THE TASK
Copy out the listing below, keeping every character as is.

RECORDS TO PROCESS
- Opening Delimiter -

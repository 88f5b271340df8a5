-- ===== src/SortedSets/Stored.antt =====
-- ZRANGESTORE, as a client sees it.
use burner_redis.Prelude.{
  ◌≡◌, refl, ap, ◌∙◌, Bool, Option, none, some, List, [], ◌∷◌, arith, ite, if_pos, if_neg,
  Option-cases, inl, inr, length,
}
use burner_redis.Prelude.Key.{bytes_key, bytes_discrete}
use burner_redis.Map
use burner_redis.Map.Laws.{get-insert, get-remove}
use burner_redis.Value.{Bytes, Instant, F64, ValueEntry, SortedSet, sorted_set, ok, is_expired}
use burner_redis.Store.{Data, evict}
use burner_redis.Store.View.{live, get-evict, live-evict}
use burner_redis.SortedSets.{zset_insert}
use burner_redis.SortedSets.Ranges.{
  zrangestore, members_of, store_range, insert_each, score_range, empty_zset,
}
use burner_redis.SortedSets.Consistent.{IsScoreOrder, scores_of, own_entry}
use burner_redis.SortedSets.Ascending.{between, score_range-between}
use burner_redis.SortedSets.Sound.{IsSound, empty-IsSound, zset_insert-IsSound}
use burner_redis.SortedSets.Commands.{zset_view, viewed_value}
use burner_redis.SortedSets.Queries.{IsRange, inside, between-IsRange}

-- The last score that a list of entries has for a member.
abbrev pub last_score : List (F64 × Bytes) → Option F64 → Option F64
last_score [] o = o
last_score (e ∷ l) o = last_score l (some e.0)

by_member_inserted :
    (score_leb : F64 → F64 → Bool) (k : Bytes) (s : F64) (z : SortedSet)
    → (zset_insert score_leb k s z).1.by_member ≡ Map.insert k s z.by_member
unfolding zset_insert
by_member_inserted score_leb k s z = elim (Option-cases (Map.get k z.by_member)) [
  | inl absent ↦ rw (zset_insert, absent) refl
  | inr (old, present) ↦ rw (zset_insert, present) refl
]

get-insert_each :
    (score_leb : F64 → F64 → Bool) (k : Bytes) (es : List (F64 × Bytes)) (z : SortedSet)
    → Map.get k (insert_each score_leb es z).by_member
      ≡ last_score (scores_of k es) (Map.get k z.by_member)
unfolding insert_each
get-insert_each score_leb k [] z = refl
get-insert_each score_leb k (e ∷ es) z =
    let here =
      ap (Map.get k) (by_member_inserted score_leb e.1 e.0 z) ∙ get-insert e.1 k e.0 z.by_member in
    get-insert_each score_leb k es (zset_insert score_leb e.1 e.0 z).1
    ∙ rw here (elim (bytes_discrete e.1 k) [
      | yes p ↦ rw (if_pos _ p) (ground arith)
      | no p ↦ rw (if_neg _ p) (ground arith)
    ])

insert_each-IsSound :
    (score_leb : F64 → F64 → Bool) (order : IsScoreOrder score_leb) (es : List (F64 × Bytes))
    (z : SortedSet)
    → IsSound score_leb z
    → IsSound score_leb (insert_each score_leb es z)
unfolding insert_each
insert_each-IsSound score_leb order [] z h = h
insert_each-IsSound score_leb order (e ∷ es) z h =
    insert_each-IsSound score_leb order es (zset_insert score_leb e.1 e.0 z).1
      (zset_insert-IsSound score_leb order e.1 e.0 z h)

last_of_own : (k : Bytes) (o : Option F64) → last_score (own_entry k o) none ≡ o
last_of_own k none = refl
last_of_own k (some s) = refl

-- The source that a client finds, read for its range.
members_lem :
    (score_leb : F64 → F64 → Bool) (order : IsScoreOrder score_leb) (min max : F64)
    (o : Option ValueEntry) (z : SortedSet)
    → zset_view o ≡ some z
    → IsSound score_leb z
    → members_of score_leb min max o ≡ ok (between score_leb min max z.by_score)
unfolding score_range
members_lem score_leb order min max none z view sound =
    let here : empty_zset ≡ z = ground arith in
    ap (λ x. ok (between score_leb min max x.by_score)) here
members_lem score_leb order min max (some e) z view sound =
    rw (viewed_value (some e) z view)
      (ap ok (score_range-between score_leb order min max z.by_score sound.1))

-- What stands under the destination for the entries of a range.
abbrev pub stored : List (F64 × Bytes) → SortedSet → Option ValueEntry
stored [] z' = none
stored (e ∷ l) z' = some (record { value = sorted_set z'; expires_at = none })

store_range_lem :
    (score_leb : F64 → F64 → Bool) (now : Instant) (dst : Bytes) (m : Data) (l : List (F64 × Bytes))
    → ((store_range score_leb dst m (ok l)).0 ≡ ok (length l))
      × ((j : Bytes)
          → live now j (store_range score_leb dst m (ok l)).1
            ≡ ite
                (bytes_discrete dst j)
                (stored l (insert_each score_leb l empty_zset))
                (live now j m))
unfolding live is_expired insert_each
store_range_lem score_leb now dst m [] = (refl, λ j. ground (arith, get-remove dst j m))
store_range_lem score_leb now dst m (e ∷ l) =
    let entry : ValueEntry = record {
      value = sorted_set (insert_each score_leb (e ∷ l) empty_zset);
      expires_at = none;
    } in
    (refl, λ j. ground (arith, get-insert dst j entry m))

-- ZRANGESTORE from a sorted set whose indexes agree and whose scores are in order, or a missing key:
-- whatever the destination held, if no member of the source has a score between the bounds, no key is
-- there; else it is a sorted set without expiry of exactly the members with such a score, with their
-- scores, whose indexes agree and whose scores are in order. A client finds under every other key what
-- it found, and the answer is the number of entries of the range.
pub zrangestore_lem :
    (score_leb : F64 → F64 → Bool) (order : IsScoreOrder score_leb) (now : Instant)
    (dst src : Bytes) (min max : F64) (m : Data) (z : SortedSet)
    → zset_view (live now src m) ≡ some z
    → IsSound score_leb z
    → (l : List (F64 × Bytes)) × (z' : SortedSet) × IsRange score_leb min max z l
      × ((zrangestore score_leb now dst src min max m).0 ≡ ok (length l))
      × ((j : Bytes)
          → live now j (zrangestore score_leb now dst src min max m).1
            ≡ ite (bytes_discrete dst j) (stored l z') (live now j m))
      × IsSound score_leb z'
      × ((k : Bytes) → Map.get k z'.by_member ≡ inside score_leb min max (Map.get k z.by_member))
unfolding zrangestore Map.get
zrangestore_lem score_leb order now dst src min max m z view sound =
    let l = between score_leb min max z.by_score in
    let range = between-IsRange score_leb min max z sound in
    let m' = evict now src m in
    let found : Map.get src m' ≡ live now src m = rw (get-evict now src src m) (ground arith) in
    let members : members_of score_leb min max (Map.get src m') ≡ ok l =
      ap (members_of score_leb min max) found
      ∙ members_lem score_leb order min max (live now src m) z view sound in
    let (answer, seen) = store_range_lem score_leb now dst m' l in
    (
      l,
      insert_each score_leb l empty_zset,
      range,
      ap (λ r. (store_range score_leb dst m' r).0) members ∙ answer,
      λ j.
          ap (λ r. live now j (store_range score_leb dst m' r).1) members
          ∙ seen j
          ∙ ap (ite (bytes_discrete dst j) (stored l (insert_each score_leb l empty_zset)))
              (live-evict now src now j m (omega arith)),
      insert_each-IsSound score_leb order l empty_zset (empty-IsSound score_leb),
      λ k.
          get-insert_each score_leb k l empty_zset
          ∙ ap (λ es. last_score es none) (range.1 k)
          ∙ last_of_own k (inside score_leb min max (Map.get k z.by_member)),
    )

- Closing Delimiter -

ANSWER FOR THE TASK
repository 88f5b271340df8a5
-- ===== src/SortedSets/Stored.antt =====
-- ZRANGESTORE, as a client sees it.
use burner_redis.Prelude.{
  ◌≡◌, refl, ap, ◌∙◌, Bool, Option, none, some, List, [], ◌∷◌, arith, ite, if_pos, if_neg,
  Option-cases, inl, inr, length,
}
use burner_redis.Prelude.Key.{bytes_key, bytes_discrete}
use burner_redis.Map
use burner_redis.Map.Laws.{get-insert, get-remove}
use burner_redis.Value.{Bytes, Instant, F64, ValueEntry, SortedSet, sorted_set, ok, is_expired}
use burner_redis.Store.{Data, evict}
use burner_redis.Store.View.{live, get-evict, live-evict}
use burner_redis.SortedSets.{zset_insert}
use burner_redis.SortedSets.Ranges.{
  zrangestore, members_of, store_range, insert_each, score_range, empty_zset,
}
use burner_redis.SortedSets.Consistent.{IsScoreOrder, scores_of, own_entry}
use burner_redis.SortedSets.Ascending.{between, score_range-between}
use burner_redis.SortedSets.Sound.{IsSound, empty-IsSound, zset_insert-IsSound}
use burner_redis.SortedSets.Commands.{zset_view, viewed_value}
use burner_redis.SortedSets.Queries.{IsRange, inside, between-IsRange}

-- The last score that a list of entries has for a member.
abbrev pub last_score : List (F64 × Bytes) → Option F64 → Option F64
last_score [] o = o
last_score (e ∷ l) o = last_score l (some e.0)

by_member_inserted :
    (score_leb : F64 → F64 → Bool) (k : Bytes) (s : F64) (z : SortedSet)
    → (zset_insert score_leb k s z).1.by_member ≡ Map.insert k s z.by_member
unfolding zset_insert
by_member_inserted score_leb k s z = elim (Option-cases (Map.get k z.by_member)) [
  | inl absent ↦ rw (zset_insert, absent) refl
  | inr (old, present) ↦ rw (zset_insert, present) refl
]

get-insert_each :
    (score_leb : F64 → F64 → Bool) (k : Bytes) (es : List (F64 × Bytes)) (z : SortedSet)
    → Map.get k (insert_each score_leb es z).by_member
      ≡ last_score (scores_of k es) (Map.get k z.by_member)
unfolding insert_each
get-insert_each score_leb k [] z = refl
get-insert_each score_leb k (e ∷ es) z =
    let here =
      ap (Map.get k) (by_member_inserted score_leb e.1 e.0 z) ∙ get-insert e.1 k e.0 z.by_member in
    get-insert_each score_leb k es (zset_insert score_leb e.1 e.0 z).1
    ∙ rw here (elim (bytes_discrete e.1 k) [
      | yes p ↦ rw (if_pos _ p) (ground arith)
      | no p ↦ rw (if_neg _ p) (ground arith)
    ])

insert_each-IsSound :
    (score_leb : F64 → F64 → Bool) (order : IsScoreOrder score_leb) (es : List (F64 × Bytes))
    (z : SortedSet)
    → IsSound score_leb z
    → IsSound score_leb (insert_each score_leb es z)
unfolding insert_each
insert_each-IsSound score_leb order [] z h = h
insert_each-IsSound score_leb order (e ∷ es) z h =
    insert_each-IsSound score_leb order es (zset_insert score_leb e.1 e.0 z).1
      (zset_insert-IsSound score_leb order e.1 e.0 z h)

last_of_own : (k : Bytes) (o : Option F64) → last_score (own_entry k o) none ≡ o
last_of_own k none = refl
last_of_own k (some s) = refl

-- The source that a client finds, read for its range.
members_lem :
    (score_leb : F64 → F64 → Bool) (order : IsScoreOrder score_leb) (min max : F64)
    (o : Option ValueEntry) (z : SortedSet)
    → zset_view o ≡ some z
    → IsSound score_leb z
    → members_of score_leb min max o ≡ ok (between score_leb min max z.by_score)
unfolding score_range
members_lem score_leb order min max none z view sound =
    let here : empty_zset ≡ z = ground arith in
    ap (λ x. ok (between score_leb min max x.by_score)) here
members_lem score_leb order min max (some e) z view sound =
    rw (viewed_value (some e) z view)
      (ap ok (score_range-between score_leb order min max z.by_score sound.1))

-- What stands under the destination for the entries of a range.
abbrev pub stored : List (F64 × Bytes) → SortedSet → Option ValueEntry
stored [] z' = none
stored (e ∷ l) z' = some (record { value = sorted_set z'; expires_at = none })

store_range_lem :
    (score_leb : F64 → F64 → Bool) (now : Instant) (dst : Bytes) (m : Data) (l : List (F64 × Bytes))
    → ((store_range score_leb dst m (ok l)).0 ≡ ok (length l))
      × ((j : Bytes)
          → live now j (store_range score_leb dst m (ok l)).1
            ≡ ite
                (bytes_discrete dst j)
                (stored l (insert_each score_leb l empty_zset))
                (live now j m))
unfolding live is_expired insert_each
store_range_lem score_leb now dst m [] = (refl, λ j. ground (arith, get-remove dst j m))
store_range_lem score_leb now dst m (e ∷ l) =
    let entry : ValueEntry = record {
      value = sorted_set (insert_each score_leb (e ∷ l) empty_zset);
      expires_at = none;
    } in
    (refl, λ j. ground (arith, get-insert dst j entry m))

-- ZRANGESTORE from a sorted set whose indexes agree and whose scores are in order, or a missing key:
-- whatever the destination held, if no member of the source has a score between the bounds, no key is
-- there; else it is a sorted set without expiry of exactly the members with such a score, with their
-- scores, whose indexes agree and whose scores are in order. A client finds under every other key what
-- it found, and the answer is the number of entries of the range.
pub zrangestore_lem :
    (score_leb : F64 → F64 → Bool) (order : IsScoreOrder score_leb) (now : Instant)
    (dst src : Bytes) (min max : F64) (m : Data) (z : SortedSet)
    → zset_view (live now src m) ≡ some z
    → IsSound score_leb z
    → (l : List (F64 × Bytes)) × (z' : SortedSet) × IsRange score_leb min max z l
      × ((zrangestore score_leb now dst src min max m).0 ≡ ok (length l))
      × ((j : Bytes)
          → live now j (zrangestore score_leb now dst src min max m).1
            ≡ ite (bytes_discrete dst j) (stored l z') (live now j m))
      × IsSound score_leb z'
      × ((k : Bytes) → Map.get k z'.by_member ≡ inside score_leb min max (Map.get k z.by_member))
unfolding zrangestore Map.get
zrangestore_lem score_leb order now dst src min max m z view sound =
    let l = between score_leb min max z.by_score in
    let range = between-IsRange score_leb min max z sound in
    let m' = evict now src m in
    let found : Map.get src m' ≡ live now src m = rw (get-evict now src src m) (ground arith) in
    let members : members_of score_leb min max (Map.get src m') ≡ ok l =
      ap (members_of score_leb min max) found
      ∙ members_lem score_leb order min max (live now src m) z view sound in
    let (answer, seen) = store_range_lem score_leb now dst m' l in
    (
      l,
      insert_each score_leb l empty_zset,
      range,
      ap (λ r. (store_range score_leb dst m' r).0) members ∙ answer,
      λ j.
          ap (λ r. live now j (store_range score_leb dst m' r).1) members
          ∙ seen j
          ∙ ap (ite (bytes_discrete dst j) (stored l (insert_each score_leb l empty_zset)))
              (live-evict now src now j m (omega arith)),
      insert_each-IsSound score_leb order l empty_zset (empty-IsSound score_leb),
      λ k.
          get-insert_each score_leb k l empty_zset
          ∙ ap (λ es. last_score es none) (range.1 k)
          ∙ last_of_own k (inside score_leb min max (Map.get k z.by_member)),
    )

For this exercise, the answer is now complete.